BEGIN Exercise material

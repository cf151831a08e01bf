-- ===== src/Review/Windows.antt =====
-- backend/src/codesensei/review/git_temporal.py: `collapse_diff_to_windows`.
mod Order
mod Separate
mod Cover
mod Tests
use codesensei.Common.{
  ℕ, zero, suc, ◌+◌, ◌-◌, max, Bool, true, false, ◌&&◌, ◌||◌, List, [], ◌∷◌, Text, ltb, leb, ◌==◌,
  if◌then◌else◌, take, map,
}

abbrev pub max_line_range : ℕ
max_line_range = 200

abbrev pub max_windows_per_file : ℕ
max_windows_per_file = 3

-- A hunk is its first line and its length; a range its first and its last line.
abbrev pub Hunk : Type 0
Hunk = ℕ × ℕ

abbrev pub Range : Type 0
Range = ℕ × ℕ

pub record LineWindow : Type 0 where
  pub start_line : ℕ
  pub end_line : ℕ

pub to_ranges : List Hunk → List Range
to_ranges [] = []
to_ranges ((start, size) ∷ hunks) =
    let rest = to_ranges hunks in if leb size 0 then rest else (start, start + size - 1) ∷ rest

-- `ranges.sort()`: by the first line, then by the last.
abbrev pub le_range : Range → Range → Bool
le_range (s, e) (s', e') = ltb s s' || s == s' && leb e e'

pub insert_range : Range → List Range → List Range
insert_range r [] = r ∷ []
insert_range r (q ∷ qs) = if le_range r q then r ∷ q ∷ qs else q ∷ insert_range r qs

pub sort_ranges : List Range → List Range
sort_ranges [] = []
sort_ranges (r ∷ rs) = insert_range r (sort_ranges rs)

-- The loop over the sorted ranges, where `(a, b)` is `merged[-1]`.
pub merge_from : ℕ → ℕ → List Range → List Range
merge_from a b [] = (a, b) ∷ []
merge_from a b ((s, e) ∷ rs) = elim (leb s (b + 5)) [
  | true ↦ merge_from a (max b e) rs
  | false ↦ (a, b) ∷ merge_from s e rs
]

pub merge_ranges : List Range → List Range
unfolding merge_from
merge_ranges [] = []
merge_ranges ((s, e) ∷ rs) = merge_from s e rs

abbrev pub clamp : Range → LineWindow
clamp (s, e) = record {
  start_line = s;
  end_line = if ltb max_line_range (e - s + 1) then s + max_line_range - 1 else e;
}

-- The merged ranges of one file, and its windows.
pub merged : List Hunk → List Range
unfolding to_ranges sort_ranges insert_range merge_ranges
merged hunks = merge_ranges (sort_ranges (to_ranges hunks))

pub windows_of : List Hunk → List LineWindow
unfolding merged
windows_of hunks = take max_windows_per_file (map clamp (merged hunks))

-- A file whose hunks are all empty has no entry.
unfoldable pub collapse_diff_to_windows : List (Text × List Hunk) → List (Text × List LineWindow)
unfolding windows_of
collapse_diff_to_windows [] = []
collapse_diff_to_windows ((path, hunks) ∷ files) =
    let rest = collapse_diff_to_windows files in
    elim (to_ranges hunks) [ [] ↦ rest | r ∷ rs ↦ (path, windows_of hunks) ∷ rest ]
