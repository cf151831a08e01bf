-- ===== src/Review/Hunks.antt =====
-- backend/src/codesensei/review/service.py: `_extract_rhs_hunks` and its two patterns.
pub mod Headers
pub mod Bounds
pub mod Numbers
pub mod Tests
use codesensei.Common.{
  ℕ, Bool, true, false, not, ◌||◌, Option, none, some, List, [], ◌∷◌, ◌++◌, Text, codes, ◌==◌, leb,
  if◌then◌else◌, length, is_empty, is_space, starts_with, strip_prefix, strip, span, splitlines,
}
use codesensei.Common.Options.{◌>>=◌}
use codesensei.Common.Dict.{update, or_value}
use codesensei.Common.Digits.{Unicode, is_some, parse_nat}
use codesensei.Review.Windows.{Hunk}

-- `\s`.
abbrev pub one_space : Text → Option Text
one_space [] = none
one_space (c ∷ s) = if is_space c then some s else none

abbrev pub is_digit : Unicode → ℕ → Bool
is_digit u c = is_some (u.digit c)

-- `\d+`, and what follows.
abbrev pub some_digits : Unicode → Text → Option (Text × Text)
some_digits u s =
    let (digits, rest) = span (is_digit u) s in
    if is_empty digits then none else some (digits, rest)

-- `(?:,(\d+))?`: the number where it is there, and what follows.
abbrev pub optional_from : Text → Option (Text × Text) → Option Text × Text
optional_from s none = (none, s)
optional_from s (some (digits, rest)) = (some digits, rest)

abbrev pub optional_number : Unicode → Text → Option Text × Text
optional_number u [] = (none, [])
optional_number u (c ∷ s) =
    if c == b',' then optional_from (c ∷ s) (some_digits u s) else (none, c ∷ s)

abbrev pub matched : Text → Option Text → Option Text → Option (Text × Option Text)
matched start size none = none
matched start size (some rest) = some (start, size)

-- `(\d+)(?:,(\d+))?\s`, and what follows.
abbrev pub side_size : Text → Option Text × Text → Option (Text × Option Text × Text)
side_size digits (size, s) = do rest ← one_space s; some (digits, size, rest)

abbrev pub side : Unicode → Text → Option (Text × Option Text × Text)
side u s = do (digits, rest) ← some_digits u s; side_size digits (optional_number u rest)

-- The groups of `_HUNK_HEADER_RE`.
unfoldable pub match_hunk : Unicode → Text → Option (Text × Option Text)
unfolding starts_with
match_hunk u raw = do
  s1 ← strip_prefix (codes "@@") raw
  s2 ← one_space s1
  s3 ← strip_prefix (codes "-") s2
  (old, old_size, s4) ← side u s3
  s5 ← strip_prefix (codes "+") s4
  (start, size, s6) ← side u s5
  matched start size (strip_prefix (codes "@@") s6)

-- The group of `_FILE_HEADER_RE`, which is not empty.
abbrev not_empty : Text → Option Text
not_empty [] = none
not_empty (c ∷ s) = some (c ∷ s)

unfoldable pub match_file : Text → Option Text
unfolding starts_with
match_file raw = strip_prefix (codes "+++ b/") raw >>= not_empty

-- `out` and `current_file`.
pub record Extract : Type 0 where
  pub out : List (Text × List Hunk)
  pub current_file : Option Text

abbrev pub add_hunk : Text → Hunk → List (Text × List Hunk) → List (Text × List Hunk)
add_hunk path h = update path (λ o. or_value [] o ++ (h ∷ []))

abbrev pub size_of : Unicode → Option Text → Option ℕ
size_of u none = some 1
size_of u (some digits) = parse_nat u digits

abbrev pub with_hunk : Extract → Text → ℕ → ℕ → Extract
with_hunk st path start size =
    if leb start 0 || leb size 0 then st else record st { out = add_hunk path (start, size) st.out }

-- A line that is no file's header; none where `int` raises.
abbrev pub hunk_line : Unicode → Extract → Text → Option (Text × Option Text) → Option Extract
hunk_line u st path none = some st
hunk_line u st path (some (start, size)) = do
  n ← parse_nat u start
  m ← size_of u size
  some (with_hunk st path n m)

abbrev body_line : Unicode → Extract → Text → Option Text → Option Extract
body_line u st raw none = some st
body_line u st raw (some path) = hunk_line u st path (match_hunk u raw)

abbrev extract_file : Unicode → Extract → Text → Option Text → Option Extract
extract_file u st raw none = body_line u st raw st.current_file
extract_file u st raw (some path) = some (record st { current_file = some (strip path) })

-- The body of the loop.
pub extract_line : Unicode → Extract → Text → Option Extract
unfolding match_hunk match_file
extract_line u st raw = extract_file u st raw (match_file raw)

pub extract_lines : Unicode → Extract → List Text → Option Extract
unfolding extract_line
extract_lines u st [] = some st
extract_lines u st (raw ∷ lines) = extract_line u st raw >>= λ st'. extract_lines u st' lines

unfoldable pub extract_rhs_hunks : Unicode → Text → Option (List (Text × List Hunk))
unfolding extract_lines
extract_rhs_hunks u diff =
    extract_lines u (record { out = []; current_file = none }) (splitlines diff) >>= λ st.
    some st.out
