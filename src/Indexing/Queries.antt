-- ===== src/Indexing/Queries.antt =====
-- backend/src/codesensei/indexing/retrieval.py: `derive_queries`.
pub mod Blank
pub mod Hunks
pub mod Tests
use codesensei.Common.{
  ℕ, Bool, true, false, not, ◌&&◌, ◌||◌, Option, none, some, List, [], ◌∷◌, Text, codes, ◌==◌,
  if◌then◌else◌, drop, any, starts_with, strip_prefix, splitlines, has_text, join_lines,
}
use codesensei.Common.Options.{◌>>=◌}
use codesensei.Common.Digits.{Unicode, is_some}
use codesensei.Review.Hunks.{some_digits, optional_number}

-- `_HUNK_HEADER_RE` matches here.
unfoldable pub is_hunk_start : Unicode → Text → Bool
unfolding starts_with
is_hunk_start u s = is_some (
    strip_prefix (codes "@@ -") s >>= λ s1. some_digits u s1 >>= λ old.
    strip_prefix (codes " +") (optional_number u old.1).1 >>= λ s2.
    some_digits u s2 >>= λ new. strip_prefix (codes " @@") (optional_number u new.1).1)

-- The text before the first header, and the text from each header to the next; whether a line
-- starts here.
abbrev pub cut_at : Bool → ℕ → Text × List Text → Text × List Text
cut_at starts c (front, sections) =
    if starts then ([], (c ∷ front) ∷ sections) else (c ∷ front, sections)

unfoldable pub cut : Unicode → Bool → Text → Text × List Text
unfolding is_hunk_start
cut u line_start [] = ([], [])
cut u line_start (c ∷ s) = cut_at (line_start && is_hunk_start u (c ∷ s)) c (cut u (c == 10) s)

-- Without the mark of an added or an unchanged line.
abbrev pub unmarked : Text → Text
unmarked [] = []
unmarked (c ∷ s) = if c == b'+' || c == b' ' then s else c ∷ s

abbrev pub is_removed : Text → Bool
is_removed [] = false
is_removed (c ∷ s) = c == b'-'

abbrev pub new_lines : List Text → List Text
new_lines [] = []
new_lines (ln ∷ lns) =
    let rest = new_lines lns in if is_removed ln then rest else unmarked ln ∷ rest

unfoldable pub window : List Text → Option Text
unfolding has_text join_lines
window lines =
    if not (any has_text lines)
    then none
    else if has_text (join_lines lines)
    then some (join_lines lines)
    else none

abbrev pub with_window : Option Text → List Text → List Text
with_window none rest = rest
with_window (some q) rest = q ∷ rest

unfoldable pub queries_of : List Text → List Text
unfolding splitlines window
queries_of [] = []
queries_of (section ∷ sections) =
    with_window (window (new_lines (drop 1 (splitlines section)))) (queries_of sections)

unfoldable pub derive_queries : Unicode → Text → List Text
unfolding cut
derive_queries u diff = queries_of (cut u true diff).1
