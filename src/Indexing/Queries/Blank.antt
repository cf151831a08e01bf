-- ===== src/Indexing/Queries/Blank.antt =====
-- Hunks whose new side is blank.
use codesensei.Common.{
  ◌≡◌, refl, sym, ◌∙◌, inl, inr, Bool, true, false, not, none, some, List, [], ◌∷◌, ◌++◌, Text,
  if◌then◌else◌, all, any, Bool-cases, is_space, has_text, join_lines, rstrip, lstrip, strip,
  has_text-nonspace,
}
use codesensei.Indexing.Queries.{window}

-- A line of white space only.
abbrev pub is_blank : Text → Bool
is_blank s = all is_space s

has_text-space : (c : _) (s : Text) → is_space c ≡ true → has_text (c ∷ s) ≡ has_text s
unfolding has_text strip lstrip
has_text-space c s h = rw h refl

has_text-nil : has_text [] ≡ false
unfolding has_text strip lstrip rstrip
has_text-nil = refl

has_text-is_blank : (s : Text) → has_text s ≡ not (is_blank s)
has_text-is_blank [] = has_text-nil
has_text-is_blank (c ∷ s) = elim (Bool-cases (is_space c)) [
  | inl space ↦ has_text-space c s space ∙ has_text-is_blank s ∙ rw space refl
  | inr other ↦ has_text-nonspace c s other ∙ rw other refl
]

any-has_text : (ls : List Text) → any has_text ls ≡ not (all is_blank ls)
any-has_text [] = refl
any-has_text (l ∷ ls) = elim (Bool-cases (is_blank l)) [
  | inl blank ↦ rw (has_text-is_blank l, blank, any-has_text ls) refl
  | inr text ↦ rw (has_text-is_blank l, text) refl
]

is_blank-append : (s t : Text) → is_blank (s ++ t) ≡ (if is_blank s then is_blank t else false)
is_blank-append [] t = refl
is_blank-append (c ∷ s) t = elim (Bool-cases (is_space c)) [
  | inl space ↦ rw (space, is_blank-append s t) refl
  | inr other ↦ rw other refl
]

lf_is_space : is_space 10 ≡ true
unfolding is_space
lf_is_space = refl

and_true : (b : Bool) → (if b then true else false) ≡ b
and_true true = refl
and_true false = refl

is_blank-join_lines : (ls : List Text) → is_blank (join_lines ls) ≡ all is_blank ls
unfolding join_lines
is_blank-join_lines [] = refl
is_blank-join_lines (l ∷ []) = sym (and_true (is_blank l))
is_blank-join_lines (l ∷ m ∷ ls) =
    is_blank-append l (10 ∷ join_lines (m ∷ ls))
    ∙ rw (lf_is_space, is_blank-join_lines (m ∷ ls)) refl

-- A window has no query where all its lines are blank, and else the lines joined.
pub window-blank :
    (ls : List Text) → window ls ≡ (if all is_blank ls then none else some (join_lines ls))
unfolding window
window-blank ls = elim (Bool-cases (all is_blank ls)) [
  | inl blank ↦ rw (any-has_text ls, blank) refl
  | inr text ↦
      rw (any-has_text ls, has_text-is_blank (join_lines ls), is_blank-join_lines ls, text) refl
]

END Exercise material

▶ **Task**: After identifying the lines above that contain "what", copy each one.

▶ **Task solution**:
-- `\d+`, and what follows.
-- `(?:,(\d+))?`: the number where it is there, and what follows.
-- `(\d+)(?:,(\d+))?\s`, and what follows.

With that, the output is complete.